◆ Source data:
============

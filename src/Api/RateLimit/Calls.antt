-- ===== src/Api/RateLimit/Calls.antt =====
-- What one call does to the bucket of a client.
use doupro.Base.{
  ◌⊎◌, subst, sym, Bool, false, ◌≡◌, refl, ap, ◌∙◌, Option, none, some, ℕ, ◌+◌, ◌-◌, ◌≤◌, ◌<◌, Text,
  text_eq, text_eq_iff, if◌then◌else◌, ltb, arith, Bool-cases, inl, inr,
}
use doupro.Api.RateLimit.{Bucket, bucket_of, RateLimiter, current_bucket, allow}

pub allow-limit :
    (key : Text) (now : ℕ) (l : RateLimiter)
    → ((allow key now l).1.limit ≡ l.limit) × ((allow key now l).1.window ≡ l.window)
unfolding allow
allow-limit key now l = (refl, refl)

pub bucket_of-allow :
    (k key : Text) (now : ℕ) (l : RateLimiter)
    → bucket_of k (allow key now l).1.buckets ≡ (
        if text_eq key k
        then some (
            let b = current_bucket l.window now (bucket_of key l.buckets) in
            record b { count = b.count + 1 })
        else bucket_of k l.buckets)
unfolding allow
bucket_of-allow k key now l = refl

abbrev pub taken : Text → Text → Bool → ℕ
taken key k ok_ = if ok_ then if text_eq k key then 1 else 0 else 0

pub not_taken : (key k : Text) (b : Bool) → text_eq k key ≡ false → taken key k b ≡ 0
not_taken key k b h = ground arith

-- A call while the client's bucket counts.
pub allow_counting :
    (key k : Text) (now : ℕ) (l : RateLimiter) (b : Bucket)
    → bucket_of key l.buckets ≡ some b
    → now ≤ b.window_ends
    → (b' : Bucket) × (bucket_of key (allow k now l).1.buckets ≡ some b')
      × (b'.window_ends ≡ b.window_ends)
      × (taken key k (allow k now l).0 + (l.limit - b'.count) ≤ l.limit - b.count)
unfolding allow
allow_counting key k now l b e h = elim (Bool-cases (text_eq k key)) [
  | inl same ↦
      let is_key : k ≡ key = (text_eq_iff k key).0 same in
      let is_b : bucket_of k l.buckets ≡ some b = ap (λ t. bucket_of t l.buckets) is_key ∙ e in
      (record b { count = b.count + 1 }, ground (arith, is_b), refl, ground (arith, is_b))
  | inr other ↦ (b, ground arith, refl, ground arith)
]

abbrev pub IsOver : ℕ → Option Bucket → Type 0
IsOver now none = Unit
IsOver now (some b) = b.window_ends < now

pub IsOver-or_counting :
    (now : ℕ) (o : Option Bucket)
    → IsOver now o ⊎ ((b : Bucket) × (o ≡ some b) × (now ≤ b.window_ends))
IsOver-or_counting now none = inl tt
IsOver-or_counting now (some b) = elim (Bool-cases (ltb b.window_ends now)) [
  | inl over ↦ inl (ground arith)
  | inr not_over ↦ inr (b, refl, ground arith)
]

pub current_bucket-over :
    (window now : ℕ) (o : Option Bucket)
    → IsOver now o
    → current_bucket window now o ≡ record { count = 0; window_ends = now + window }
current_bucket-over window now none h = refl
current_bucket-over window now (some b) h = ground arith

-- A call that starts the client's window.
pub allow_starting :
    (key k : Text) (now : ℕ) (l : RateLimiter)
    → IsOver now (bucket_of key l.buckets)
    → k ≡ key
    → (bucket_of key (allow k now l).1.buckets
        ≡ some (record { count = 1; window_ends = now + l.window }))
      × (taken key k (allow k now l).0 + (l.limit - 1) ≤ l.limit)
unfolding allow
allow_starting key k now l over same =
    let over_k : IsOver now (bucket_of k l.buckets) =
      subst (λ t. IsOver now (bucket_of t l.buckets)) (sym same) over in
    let fresh = current_bucket-over l.window now (bucket_of k l.buckets) over_k in
    (ground (arith, fresh, text_eq_iff k key, same), ground (arith, fresh))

============

◆ Problem to solve:
Working from the listing above, pick out every line that has "fresh" and copy it.

◆ Result for this task:
    let fresh = current_bucket-over l.window now (bucket_of k l.buckets) over_k in
    (ground (arith, fresh, text_eq_iff k key, same), ground (arith, fresh))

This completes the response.